Nandakumar and colleagues from MBZUAI, Johns Hopkins University, and other institutions have developed a new framework called STEREO to improve the safety of these models. The team’s research was recently presented at the Computer Vision and Pattern Recognition Conference (CVPR) held in Nashville, Tennessee.

Koushik Srivatsan, Fahad Shamshad, Muzammal Nasser, and Vishal M. Patel are coauthors of the study.

Expanding on current approaches

One method that had been used to improve the safety of text-to-image diffusion models is known as concept erasure. Through this approach, researchers first use adversarial training to identify weaknesses in a model, tricking it into generating inappropriate images. Once these weaknesses are found, they adjust the parameters of the model, breaking the links between specific concepts in the model’s text and image embedding spaces. This limits the kinds of images that a model can create.

While concept erasure helps prevent the creation of inappropriate images, it can also reduce a model’s performance on harmless queries. And as more links between the text and image embedding spaces are severed, performance is weakened further.

What’s more, even when done well, concept erasure doesn’t address all of a model’s vulnerabilities. Attackers can take advantage of what are known as ‘blind spots’ in the text embedding space. These aren’t real words in any language but are areas in the embedding space that map to inappropriate images.

“Developers claim that inappropriate concepts have been erased from models,” Nandakumar says. “But we found that even if some links are cut between text and image representations, there are many other embeddings in the text space that allow the model to generate inappropriate images.”

To address this, Nandakumar and his team developed STEREO to improve the safety of text-to-image diffusion models without affecting the performance of the model on normal queries.

STEREO works in two stages. The first stage, STE (Search Thoroughly Enough), is based on adversarial training. Researchers prompt a model with the goal of getting it to produce concepts that were thought to be erased. This process happens iteratively and identifies additional target concepts that need to be deleted.

In the second stage, REO (Robustly Erase Once), the target concepts are erased in a large batch. This differs from traditional adversarial training where target concepts are erased iteratively. REO also uses what the researchers call ‘anchor concepts’ to provide positive guidance to the model, telling it what concepts need to be retained.

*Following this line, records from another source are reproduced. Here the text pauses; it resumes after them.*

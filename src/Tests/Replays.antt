-- ===== src/Tests/Replays.antt =====
-- A conversation of two users, replayed.
use agentic_enterprise.Base.{
  if◌then◌else◌, ◌≡◌, refl, Option, none, some, List, [], ◌∷◌, ◌++◌, Text, codes, Result, ok, err,
  text_eq, contains, starts_with, elem,
}
use agentic_enterprise.Schemas.{AgentRequest}
use agentic_enterprise.Database.{Db, get_db}
use agentic_enterprise.Messages.{Message}
use agentic_enterprise.Graph.State.{GraphState, initial_state, reduce, is_in, merge_logs, new_lines}
use agentic_enterprise.History.{StateSnapshot}
use agentic_enterprise.Api.Queries.{turns, get_conversation}
use agentic_enterprise.Api.Conversations.{Saver, app_at, converse, turn}
use agentic_enterprise.Api.Conversations.Replay.{
  messages_of, values_of, KeepsThreads, Transcript, calls_on, conversation_is_replayed,
}
use agentic_enterprise.Api.{run_with_message, ainvoke, full_context, with_input}
use agentic_enterprise.Graph.Engine.{
  workflow, run_node, act, next, after_critic, after_memory_retriever,
}
use agentic_enterprise.Graph.Router.{
  route_request, billing_words, classify, investment_words, mentions, technical_words,
}
use agentic_enterprise.Graph.Retriever.{
  retrieve_semantic_memories, visible_hits, pack, allowed_threads,
}
use agentic_enterprise.Memory.{search, search_in, matches}
use agentic_enterprise.Ownership.{owned_thread_ids, is_admin}
use agentic_enterprise.Api.Run.{add_execution, run_config, run_thread, run_route, run_agent}
use agentic_enterprise.Graph.Critic.{critic, passes, revised_word, stub_verdict, verdict}
use agentic_enterprise.Graph.Workers.{
  fact_lines, feedback_prefix, general_preamble, general_worker, join_lines, note_lines,
  pass_verdict, with_lines,
}
use agentic_enterprise.Tests.Parts.{driver-FollowsGraph, services-Appends, db, user, drive}
use agentic_enterprise.Tests.Routes.{app, payload}

abbrev snapshot_of : Option (List Message) → StateSnapshot
snapshot_of messages = record {
  checkpoint_id = none;
  parent_config = none;
  next = [];
  messages = messages;
  status = none;
  created_at = none;
  source = none;
  step = none;
}

abbrev pub Threads : Type 0
Threads = Text → Option GraphState

abbrev pub saver : Saver Threads
saver = record {
  saved = λ threads config. threads config.thread_id;
  aget_state = λ threads config. ok (snapshot_of (values_of (threads config.thread_id)));
  save = λ id s threads other. if text_eq id other then some s else threads other;
}

saver-KeepsThreads : KeepsThreads saver
saver-KeepsThreads = record {
  saves = λ id other s threads. refl;
  shows = λ threads id. (snapshot_of (values_of (threads id)), refl, refl);
}

abbrev in_thread : Text → AgentRequest
in_thread task = record payload { conversation_id = some (codes "t1"); task_description = task }

abbrev calls : List (Text × AgentRequest)
calls = (user, in_thread (codes "hello")) ∷ (codes "third", in_thread (codes "well")) ∷ []

abbrev before : Db × Threads
before = (db, λ id. none)

abbrev or_before : Result (Db × Threads) → Db × Threads
or_before (ok w) = w
or_before (err e) = before

conversation_is_replayed_example :
    let w' = or_before (converse saver app calls before) in
    (new : List Message) × Transcript app none (calls_on (codes "t1") calls) new
    × (get_conversation (app_at saver app w'.1) (codes "t1")
        ≡ ok (turns (some (messages_of none ++ new))))
unfolding converse run_with_message drive workflow run_node act route_request initial_state next
    retrieve_semantic_memories reduce visible_hits text_eq search owned_thread_ids add_execution
    pack turn run_config run_thread ainvoke full_context with_input contains starts_with critic
    passes revised_word stub_verdict verdict after_critic after_memory_retriever allowed_threads
    billing_words classify investment_words mentions technical_words is_in merge_logs new_lines
    fact_lines feedback_prefix general_preamble general_worker join_lines note_lines pass_verdict
    with_lines search_in is_admin matches elem run_route get_db run_agent
conversation_is_replayed_example =
    conversation_is_replayed app driver-FollowsGraph services-Appends saver saver-KeepsThreads refl
      calls before (or_before (converse saver app calls before)) (codes "t1") refl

For example, say that the concept of ‘parachute’ needs to be erased from a model. Simply cutting ‘parachute’ could affect the performance of the model on related concepts, like ‘sky’. To prevent this, the researchers identify ‘parachute in the sky’ as a positive concept and ‘parachute’ as the negative concept. Doing so updates the model to remove ‘parachute’ while preserving ‘sky’.

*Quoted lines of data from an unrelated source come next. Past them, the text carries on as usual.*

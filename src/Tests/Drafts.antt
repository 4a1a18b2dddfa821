-- ===== src/Tests/Drafts.antt =====
-- The third question of a conversation.
use agentic_enterprise.Base.{
  ◌≡◌, refl, some, [], ◌∷◌, ◌++◌, arith, codes, text_eq, contains, elem, Result, ok, err,
}
use agentic_enterprise.Messages.{human_message}
use agentic_enterprise.Memory.{matches, search_in, search}
use agentic_enterprise.Ownership.{is_admin, owned_thread_ids}
use agentic_enterprise.Graph.State.{GraphState, reduce, initial_state}
use agentic_enterprise.Graph.Router.{
  technical_words, billing_words, investment_words, mentions, classify,
}
use agentic_enterprise.Graph.Workers.{pass_verdict}
use agentic_enterprise.Graph.Retriever.{
  pack, allowed_threads, visible_hits, retrieve_semantic_memories,
}
use agentic_enterprise.Graph.Engine.{memory_retriever, act, run_node}
use agentic_enterprise.Graph.Dispatch.{routed_state}
use agentic_enterprise.Api.{with_input, full_context, run_with_message}
use agentic_enterprise.Api.Run.{run_config}
use agentic_enterprise.Api.Conversations.{app_at}
use agentic_enterprise.Api.Conversations.Drafts.{later_questions_get_one_draft}
use agentic_enterprise.Tests.Parts.{
  driver-FollowsGraph, ai_message, services, services-Appends, db, context, start, user,
}
use agentic_enterprise.Tests.Routes.{app, payload}
use agentic_enterprise.Tests.Replays.{Threads, saver}

abbrev reviewed : GraphState
reviewed = record start { revision_count = some 2 }

abbrev threads : Threads
threads id = some reviewed

abbrev asked : GraphState
asked = with_input app (some reviewed) (human_message (codes "hello there") ∷ [])

abbrev or_start : Result GraphState → GraphState
or_start (ok t) = t
or_start (err e) = start

abbrev retrieved : GraphState
retrieved = or_start (
    run_node services context memory_retriever
      (routed_state services context (human_message (codes "hello there")) asked))

retrieved_is_found :
    run_node services context memory_retriever
      (routed_state services context (human_message (codes "hello there")) asked)
    ≡ ok retrieved
unfolding run_node act routed_state reduce initial_state with_input retrieve_semantic_memories
    visible_hits search search_in pack is_admin owned_thread_ids allowed_threads matches text_eq
    elem
retrieved_is_found = refl

later_questions_get_one_draft_example :
    (s : GraphState) × (run_with_message
        (app_at saver app threads)
        user
        (run_config payload)
        (codes "hello there")
        db
      ≡ ok s)
    × (s.messages
        ≡ reviewed.messages ++ human_message (codes "hello there") ∷ ai_message (codes "fine") ∷ [])
    × (s.critique ≡ some pass_verdict)
unfolding classify mentions technical_words billing_words investment_words contains full_context
later_questions_get_one_draft_example =
    later_questions_get_one_draft app driver-FollowsGraph services-Appends saver user payload db
      threads reviewed retrieved context (ai_message (codes "fine")) refl (omega arith) refl refl
      retrieved_is_found refl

“We needed to figure out how we could erase the bad concepts while maintaining the benign concepts and that’s how we came up with this two-stage approach,” Nandakumar says.

The researchers used OpenAI’s GPT-4 to generate a variety of anchor concepts that related to concepts they wanted to erase.

An improvement on other methods

The researchers compared the performance of STEREO to other concept erasing methods on a text-to-image diffusion model called Stable Diffusion v1.4, developed by Stability AI. They found that STEREO performed better than several traditional methods on a task known as artistic style removal and matched the high performance of a recently developed method called AdvUnlearn.

Next, they compared the robustness of STEREO to other methods on what are known as text-based and inversion-based attacks, which target blind spots in models. Compared to other methods, STEREO improved average robustness by 88.89%, which the researchers note is a “significant advancement in robust concept erasing”.

The researchers also measured how well STEREO maintained the utility of Stable Diffusion after erasing. Utility was measured by two metrics: CLIP score measures how well a generated image aligns with a given text prompt and FID score measures the difference between real and generated images.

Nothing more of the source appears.